Critique : The Newsroom 1.05

Le 24 juillet 2012 à 20:51  |  ~ 10 minutes de lecture
Un épisode intéressant par son histoire intéressante et son écriture brillante et soignée, mais qui va malheureusement chercher par instant à trop en faire.
Par sephja

Critique : The Newsroom 1.05

~ 10 minutes de lecture
Un épisode intéressant par son histoire intéressante et son écriture brillante et soignée, mais qui va malheureusement chercher par instant à trop en faire.
Par sephja

De New-York à la place Tahrir 

 

Les évènements en Egypte s'accélèrent et les journalistes présents sur place pour le compte de l'émission de Will sont cloîtrés dans leur chambre, tandis que le départ d'Hosni Moubarak du pouvoir semble de plus en plus proche. Neal Sampat propose d'utiliser un internaute et jeune journaliste Egyptien surnommé Amen pour remplacer leur envoyé spécial, tandis que la révolte prend le chemin du palais présidentiel. Pendant ce temps, Mackenzie devient la cible des tabloïds qui l'accusent de faire du favoritisme pour le compte de son petit-ami. 

 

Résumé de la critique 

Un épisode plaisant que l'on peut détailler ainsi : 

  •  une intrigue dynamique portée par des dialogues finement écrits 
  •  une série qui cherche encore la recette idéale 
  •  une tendance à trop en faire agaçante 
  •  une unité temporelle gênante 

 

 

Une série stylisée et intéressante

 

The Newsroom arrive presque à sa mi-saison et cet épisode permet de sentir que la série cherche encore sa forme définitive tant la cohérence de l'ensemble pose encore quelques problèmes. Will apparaît comme le personnage stable du show, porté par un Jeff Daniels impeccable qui apparaît comme le pilier autour duquel peut se structurer l'intrigue. J'aimerais m'emballer pour les répliques brillantes de Sorkin et la qualité de la mise en scène et pourtant, quelque chose vient me retenir, un sentiment gênant dont je n'arrive pas à me débarasser. 

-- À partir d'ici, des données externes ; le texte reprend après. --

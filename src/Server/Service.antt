-- ===== src/Server/Service.antt =====
-- A server that can save its accounts serves on: every event keeps it able to, and so the timer never
-- throws (server/src/Server.cpp, server/src/main.cpp).
use net_pixeld.Prelude.{
  ℕ, ◌≡◌, ◌≢◌, refl, subst, inl, inr, Bool, true, false, some, List, [], ◌∷◌, arith, Text, text_eq,
  nat_eq, if◌then◌else◌, Bool-cases,
}
use net_pixeld.Prelude.Outcome.{Outcome, ok, throw, crash}
use net_pixeld.Prelude.Exec.{Exec, ◌>>=◌, modify}
use net_pixeld.Json.{Json, IsLawful}
use net_pixeld.Session.{Session, do_read, next_message, start, run_posted, on_write, arrive}
use net_pixeld.Db.Totality.{CanSave}
use net_pixeld.Server.State.{Server, Pointer, do_accept, new_server, schedule_resource_tick}
use net_pixeld.Server.Sessions.{call_session, send_to, on_client_disconnect}
use net_pixeld.Server.Messages.{register_handler, on_client_message}
use net_pixeld.Server.Tick.{on_resource_tick}
use net_pixeld.Server.Events.{
  Event, accepted, fired, turned, wrote, arrived, completed, ready, handler, step, run, boot,
  catch_all, receive, on_read, on_accept, add_session, greet, handshake, on_written, disconnect_if,
}
use net_pixeld.Disk.{Disk}
use net_pixeld.Db.Types.{Db}
use net_pixeld.Db.Uuid.{Generator, InRange}
use net_pixeld.Db.Updates.{construct}
use net_pixeld.Db.Loaded.{construct-CanSave}
use net_pixeld.Server.Stepping.{run-IsWellFormed, boot-IsWellFormed}
use net_pixeld.Server.Returning.{CanServe}
use net_pixeld.Server.Saving.{
  KeepsSaving, KeepsSaving-bind, KeepsSaving-call_session, KeepsSaving-send_to,
  KeepsSaving-on_resource_tick,
}
use net_pixeld.Server.Listening.{KeepsSaving-on_client_message, next_message-payload}

module _ (json : Json) (lawful : IsLawful json) where
  KeepsSaving-catch_all :
      (m : Exec Server (Unit {0})) → KeepsSaving json m → KeepsSaving json (catch_all m)
  KeepsSaving-catch_all m k = k

  KeepsSaving-receive : (p : Pointer) (id : ℕ) → KeepsSaving json (receive json p id)
  KeepsSaving-receive p id =
      let reading = call_session p (next_message json) >>= on_client_message json id in
      KeepsSaving-bind json (catch_all reading) (λ _. call_session p (λ s. (ok tt, do_read s)))
        (KeepsSaving-catch_all reading (
          KeepsSaving-bind json (call_session p (next_message json)) (on_client_message json id)
            (KeepsSaving-call_session json p (next_message json))
            λ msg s got.
              KeepsSaving-on_client_message json lawful id msg
                (next_message-payload json lawful p msg s got)))
        λ _ _ _. KeepsSaving-call_session json p (λ s. (ok tt, do_read s))

  KeepsSaving-disconnect : (id : ℕ) → KeepsSaving json (modify (on_client_disconnect id))
  unfolding on_client_disconnect
  KeepsSaving-disconnect id = λ s h. h

  KeepsSaving-read_if :
      (ec : Bool) (p : Pointer) (id : ℕ)
      → KeepsSaving json (if ec then modify (on_client_disconnect id) else receive json p id)
  KeepsSaving-read_if true p id = KeepsSaving-disconnect id
  KeepsSaving-read_if false p id = KeepsSaving-receive p id

  KeepsSaving-on_read : (p : Pointer) (ec : Bool) → KeepsSaving json (on_read json p ec)
  unfolding on_read
  KeepsSaving-on_read p ec =
      let noted : Exec Session ℕ = λ s. (ok s.client_id, record s { reading = false }) in
      KeepsSaving-bind json (call_session p noted)
        (λ id. if ec then modify (on_client_disconnect id) else receive json p id)
        (KeepsSaving-call_session json p noted) λ id _ _. KeepsSaving-read_if ec p id

  KeepsSaving-disconnect_if : (b : Bool) (id : ℕ) → KeepsSaving json (disconnect_if b id)
  KeepsSaving-disconnect_if true id = KeepsSaving-disconnect id
  KeepsSaving-disconnect_if false id = λ s h. h

  KeepsSaving-on_written : (p : Pointer) (ec : Bool) → KeepsSaving json (on_written p ec)
  unfolding on_written
  KeepsSaving-on_written p ec =
      let owner : Exec Session ℕ = λ s. (ok s.client_id, s) in
      let written =
        λ (id : ℕ). call_session p (on_write ec) >>= λ failed. disconnect_if failed id in
      KeepsSaving-bind json (call_session p owner) written (KeepsSaving-call_session json p owner)
        λ id _ _.
          KeepsSaving-bind json (call_session p (on_write ec)) (λ failed. disconnect_if failed id)
            (KeepsSaving-call_session json p (on_write ec))
            λ failed _ _. KeepsSaving-disconnect_if failed id

  KeepsSaving-greet : (entry : ℕ × Pointer) → KeepsSaving json (greet json entry)
  unfolding do_accept
  KeepsSaving-greet (id, p) =
      let begin : Exec Server (Unit {0}) = call_session p (λ s. (ok tt, start s)) in
      KeepsSaving-bind json (send_to json p (handshake json id))
        (λ _. begin >>= λ _. modify do_accept) (KeepsSaving-send_to json p (handshake json id))
        λ _ _ _.
          KeepsSaving-bind json begin (λ _. modify do_accept)
            (KeepsSaving-call_session json p (λ s. (ok tt, start s))) λ _ _ _ s h. h

  KeepsSaving-on_accept : (ec : Bool) → KeepsSaving json (on_accept json ec)
  unfolding on_accept add_session do_accept
  KeepsSaving-on_accept true = λ s h. h
  KeepsSaving-on_accept false =
      KeepsSaving-bind json add_session (greet json) (λ s h. h) λ entry _ _. KeepsSaving-greet entry

  KeepsSaving-handler : (event : Event) → KeepsSaving json (handler json event)
  KeepsSaving-handler (accepted ec) = KeepsSaving-on_accept ec
  KeepsSaving-handler (fired ec) =
      KeepsSaving-bind json (modify (λ server. record server { timer_set = false }))
        (λ _. on_resource_tick json ec) (λ s h. h)
        λ _ _ _. KeepsSaving-on_resource_tick json lawful ec
  KeepsSaving-handler (turned ref) = KeepsSaving-call_session json (some ref) run_posted
  KeepsSaving-handler (wrote ref ec) = KeepsSaving-on_written (some ref) ec
  KeepsSaving-handler (arrived ref bytes) =
      KeepsSaving-call_session json (some ref) (λ s. (ok tt, arrive bytes s))
  KeepsSaving-handler (completed ref ec) = KeepsSaving-on_read (some ref) ec

  pub KeepsSaving-step : (event : Event) → KeepsSaving json (step json event)
  unfolding step
  KeepsSaving-step event s h = elim (Bool-cases (ready event s)) [
    | inl e ↦ rw e (KeepsSaving-handler event s h)
    | inr e ↦ rw e h
  ]

  -- Whatever happens, the accounts can be saved after it if they could before.
  pub run-CanSave : (events : List Event) → KeepsSaving json (run json events)
  unfolding run
  run-CanSave [] = λ s h. h
  run-CanSave (event ∷ rest) =
      KeepsSaving-bind json (step json event) (λ _. run json rest) (KeepsSaving-step event)
        λ _ _ _. run-CanSave rest

  -- A server that main starts on a disk that opens and renames files can save its accounts.
  boot-CanSave :
      (filepath : Text) (disk : Disk) (generator : Generator) (server : Server)
      → disk.can_open ≡ true
      → disk.can_rename ≡ true
      → InRange generator
      → boot json filepath disk generator ≡ ok server
      → CanSave json server.db
  unfolding boot new_server register_handler do_accept schedule_resource_tick
  boot-CanSave filepath disk generator server opens renames draws e =
      go (construct json filepath disk generator) refl
    where
      go : (r : Outcome Db) → construct json filepath disk generator ≡ r → CanSave json server.db
      go (ok db) f =
          let same : db ≡ server.db = ground (arith, f, e) in
          subst (CanSave json) same
            (construct-CanSave json lawful filepath disk generator db opens renames draws f)
      go (throw x) f = ground (arith, f, e)
      go crash f = ground (arith, f, e)

  pub boot-CanServe :
      (filepath : Text) (disk : Disk) (generator : Generator) (server : Server)
      → disk.can_open ≡ true
      → disk.can_rename ≡ true
      → InRange generator
      → boot json filepath disk generator ≡ ok server
      → CanServe json server
  boot-CanServe filepath disk generator server opens renames draws e = record {
    formed = boot-IsWellFormed json filepath disk generator server e;
    can_save = boot-CanSave filepath disk generator server opens renames draws e;
  }

  -- With a JSON library as documented and 64-bit draws: from the start of the program on a disk that
  -- opens and renames files, after any list of events during which the program has not crashed, the
  -- server is well-formed, files can be opened and renamed, and every text of the accounts is valid
  -- UTF-8.
  pub run-CanServe :
      (filepath : Text) (disk : Disk) (generator : Generator) (server : Server)
      (events : List Event)
      → disk.can_open ≡ true
      → disk.can_rename ≡ true
      → InRange generator
      → boot json filepath disk generator ≡ ok server
      → (run json events server).0 ≢ crash
      → CanServe json (run json events server).1
  run-CanServe filepath disk generator server events opens renames draws e n = record {
    formed =
        run-IsWellFormed json events server
          (boot-IsWellFormed json filepath disk generator server e) n;
    can_save =
        run-CanSave events server
          (boot-CanSave filepath disk generator server opens renames draws e);
  }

Les premières minutes sont pourtant excellentes, avec toujours ce choix du créateur de la série de faire rebondir les dialogues qui passent d'une conversation à une autre, le dialogue entre Will et Mackenzie passant à plusieurs reprises du professionnel au privé. Abandonnant une intrigue romantique qui alourdissait inutilement leur relation, les auteurs trouvent la bonne dynamique concernant ce couple, montrant la relation particulière que Will entretient avec son ex-fiancé. L'épisode avance vite, surtout que l'urgence des évènements de la place Tahrir agissent comme un accélérateur pour l'intrigue du jour.

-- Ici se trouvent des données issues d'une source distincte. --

-- ===== src/Runtime/Atomic.antt =====
-- A transaction happens as a whole or not at all.
use kitchen_ops.Base.{◌≡◌, refl, Bool, true, false, Option, none, some, Bytes}
use kitchen_ops.Models.{Database}
use kitchen_ops.Runtime.{
  Services, Kitchen, Result, ok, err, Action, and_then, next_call, answer, call, commit_answer,
  finish, transaction,
}
use kitchen_ops.Runtime.Outcomes.{OnOk}

-- `P` holds of the result and the database, or there is an error and the database is `before`.
abbrev pub AllOrNothing :
    {F Q A : Type 0} → (A → Database F → Type 0) → Database F → Result A × Kitchen F Q → Type 0
AllOrNothing P before (ok a, s) = P a s.db
AllOrNothing P before (err e, s) = s.db ≡ before

module _ {F Q A : Type 0} (w : Services F Q) (P : A → Database F → Type 0) where
  finish_atomic :
      (before : Kitchen F Q) (r : Result A × Kitchen F Q)
      → OnOk (λ a t. P a t.db) r
      → AllOrNothing P before.db (finish w before r)
  finish_atomic before (err e, s) h = refl
  finish_atomic before (ok a, s) h = go s.aborted (w.fails s.calls)
    where
      go :
          (aborted : Bool) (failure : Option Bytes)
          → AllOrNothing P before.db (commit_answer aborted failure before a (next_call s))
      go true failure = refl
      go false none = h
      go false (some text) = refl

  pub transaction_atomic :
      (body : Action F Q A) (s : Kitchen F Q)
      → ((s' : Kitchen F Q) → s'.db ≡ s.db → OnOk (λ a t. P a t.db) (body s'))
      → AllOrNothing P s.db (transaction w body s)
  unfolding transaction call
  transaction_atomic body s h = go (w.fails s.calls)
    where
      go :
          (failure : Option Bytes)
          → AllOrNothing P s.db (
              and_then
                (answer failure (λ t. (t, record t { aborted = false })) (next_call s))
                (λ before t. finish w before (body t)))
      go none = finish_atomic (next_call s) _ (h _ refl)
      go (some text) = refl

Les auteurs vont alors se concentrer sur le sort réservé aux journalistes, surtout l'envoyé spécial de l'émission joué par David Harbour qui se fait violemment agresser dans les rues du Caire. L'intrigue va se focaliser sur le personnage de Dev Patel, choix ethnique à la fois discutable et compréhensible, servant avant tout à appuyer la place singulière d'internet dans la couverture de ses révoltes, apportant des images par delà la censure et la peur. Une façon pour Sorkin de montrer comment les réseaux sociaux peuvent devenir une source de résistance lorsqu'un état impose un blackout médiatique.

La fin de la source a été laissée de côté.